You can use a key to programmatically control the expander state or access the state in callbacks. You must set the on_change parameter for the expander to track state.

streamlit_app.py
import streamlit as st

def toggle_expander():
    st.session_state.summary = not st.session_state.summary

def on_expander_change():
    if st.session_state.summary:
        st.toast("You opened the expander.")
    else:
        st.toast("You closed the expander.")

with st.expander("Open expander", on_change=on_expander_change, key="summary"):
    st.write("This is the expander")

st.button("Toggle expander", on_click=toggle_expander)

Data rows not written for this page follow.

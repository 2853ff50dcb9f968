-- ===== src/Account/Keys.antt =====
-- The invariant of `validate_account_state` in futures_fund/account.py on the positions: each is
-- held under its own symbol.
use gpt_market_neutral_crypt.Prelude.{
  ◌≡◌, refl, inl, inr, Option, none, some, List, [], ◌∷◌, String, str_eq, eq_iff, All, Bool-cases,
  sym, ap, ◌∙◌, arith,
}
use gpt_market_neutral_crypt.Account.{Thesis, Position, lookup, assign, pop, assign_thesis}

-- Every position stands under its symbol.
abbrev pub IsKeyed : {R : Type 0} → List (String × Position R) → Type 0
IsKeyed {R = R} positions = All (λ (held : String × Position R). held.1.symbol ≡ held.0) positions

module _ {R : Type 0} where
  pub assign_thesis-symbol :
      (thesis : Option (Thesis R)) (p : Position R) → (assign_thesis thesis p).symbol ≡ p.symbol
  unfolding assign_thesis
  assign_thesis-symbol none p = refl
  assign_thesis-symbol (some t) p = refl

  pub assign-IsKeyed :
      (s : String) (p : Position R) (positions : List (String × Position R))
      → p.symbol ≡ s
      → IsKeyed positions
      → IsKeyed (assign s p positions)
  unfolding assign
  assign-IsKeyed s p [] h k = (h, tt)
  assign-IsKeyed s p ((t, q) ∷ rest) h k = elim (Bool-cases (str_eq s t)) [
    | inl same ↦ rw same (h ∙ (eq_iff s t).0 same, k.1)
    | inr other ↦ rw other (k.0, assign-IsKeyed s p rest h k.1)
  ]

  pub pop-IsKeyed :
      (s : String) (positions : List (String × Position R))
      → IsKeyed positions
      → IsKeyed (pop s positions)
  unfolding pop
  pop-IsKeyed s [] k = tt
  pop-IsKeyed s ((t, q) ∷ rest) k = elim (Bool-cases (str_eq s t)) [
    | inl same ↦ rw same k.1
    | inr other ↦ rw other (k.0, pop-IsKeyed s rest k.1)
  ]

  pub lookup-symbol :
      (s : String) (positions : List (String × Position R)) (p : Position R)
      → IsKeyed positions
      → lookup s positions ≡ some p
      → p.symbol ≡ s
  unfolding lookup
  lookup-symbol s [] p k h = cc
  lookup-symbol s ((t, q) ∷ rest) p k h = elim (Bool-cases (str_eq s t)) [
    | inl same ↦
        let found : q ≡ p = ground arith in
        ap (λ (x : Position R). x.symbol) (sym found) ∙ k.0 ∙ sym ((eq_iff s t).0 same)
    | inr other ↦ lookup-symbol s rest p k.1 (ground arith)
  ]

A container returned by st.expander.

ExpanderContainer is a Streamlit container with an .open property for lazy execution. Use with notation or call methods directly on the container to add elements to the expander.

Attributes

open (bool or None)

Whether the expander is open. This is True if the expander is open and False if it's collapsed, or None if state tracking isn't enabled.

Examples

Example 1: Lazy loading content

streamlit_app.py
import streamlit as st
import time

summary = st.expander("Summary", on_change="rerun")

if summary.open:
    with summary:
        with st.spinner("Loading summary..."):
            time.sleep(2)
        st.write("This is the summary")

Example 2: Conditionally render content outside of the expander

streamlit_app.py
import streamlit as st

summary = st.expander("Summary", on_change="rerun")
with summary:
    st.write("This is the summary")

st.write(
    f"The expander is {':green[open]' if summary.open else ':red[closed]'}."